Minimal round-trips: complex multi-step workflows execute in one request
Full programming power: conditionals, loops, error handling, data transformation
TypeScript support with type safety (auto-transpiled via esbuild)
Sandboxed execution: no filesystem or network access, timeout enforcement
Tool catalog in description means no separate search step needed

Cons:

Requires the AI model to write correct JavaScript/TypeScript code
Debugging is harder: errors come from inside the sandbox, not from MCP tool calls
Higher latency per request (VM startup + multiple sequential tool calls)
Must be explicitly enabled ("enable_code_execution": true)
Not all AI models are equally good at writing code for tool orchestration

When to use:

Workflows that chain 2+ tool calls with data dependencies between them
Batch operations (e.g., "for each repo, check CI status and create issue if failing")
Complex conditional logic that would require many round-trips in other modes
Data transformation pipelines (fetch from one tool, transform, send to another)

Note: Code execution must be enabled in config ("enable_code_execution": true).
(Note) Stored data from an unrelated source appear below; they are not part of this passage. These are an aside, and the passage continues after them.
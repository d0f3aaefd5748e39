-- ===== src/K8s.antt =====
-- computing/docker/k8s_service.go, the service that calls Kubernetes through client-go, and
-- computing/docker/random.go.
pub mod Version
pub mod Random
pub mod Client
pub mod Objects
pub mod Labels
pub mod Queries
pub mod Passed
pub mod Setup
If disabled, the code_execution tool appears but returns an error message directing the user to enable it.

Choosing the Right Mode

Factor	retrieve_tools	direct	code_execution
Token cost	Low (only matched tools)	High (all tools)	Medium (catalog in description)
Round-trips per task	2 (search + call)	1 (direct call)	1 (code handles all)
Max practical tools	500+	~50	500+
Setup complexity	None (default)	None	Requires enablement
Model requirements	Any modern LLM	Any LLM	Code-capable LLM
Audit granularity	High (intent metadata)	Medium (annotations)	Medium (code logged)
IDE auto-approve	Per-variant rules	Per-tool rules	Single rule

Viewing Current Routing Mode

CLI

bash

# Status command shows routing mode
mcpproxy status

# Doctor command shows routing mode in Security Features section
mcpproxy doctor

REST API

bash

# Get routing mode info
curl -H "X-API-Key: your-key" http://127.0.0.1:8080/api/v1/routing

# Response:
{
  "routing_mode": "retrieve_tools",
  "description": "BM25 search via retrieve_tools + call_tool variants (default)",
  "endpoints": {
    "default": "/mcp",
    "direct": "/mcp/all",
    "code_execution": "/mcp/code",
    "retrieve_tools": "/mcp/call"
  },
  "available_modes": ["retrieve_tools", "direct", "code_execution"]
}

bash

# Status endpoint also includes routing_mode
curl -H "X-API-Key: your-key" http://127.0.0.1:8080/api/v1/status

Changing Routing Mode

Edit ~/.mcpproxy/mcp_config.json:
json
```
{
  "routing_mode": "direct"
}
```
Restart MCPProxy:
bash
```
pkill mcpproxy
mcpproxy serve
```

The routing mode is applied at startup and determines which MCP server instance handles the default /mcp endpoint. Dedicated endpoints (/mcp/all, /mcp/code, /mcp/call) are always available regardless of the configured mode.

Tool Refresh

When upstream servers connect, disconnect, or update their tools:

Direct mode: Tool list is automatically rebuilt. The AI client receives a notifications/tools/list_changed notification.
Code execution mode: The tool catalog in the code_execution description is refreshed.
Retrieve tools mode: The BM25 search index is updated.

Security Considerations

Direct mode exposes all tools upfront, which increases the initial token cost but simplifies the interaction. Use agent tokens with server restrictions to limit exposure.
Retrieve tools mode is the most secure by default because AI agents only see tools matching their search query.
Code execution mode requires explicit enablement (enable_code_execution: true) and runs code in a sandboxed JavaScript VM with no filesystem or network access.
All modes respect server quarantine, tool-level quarantine, and agent token permissions.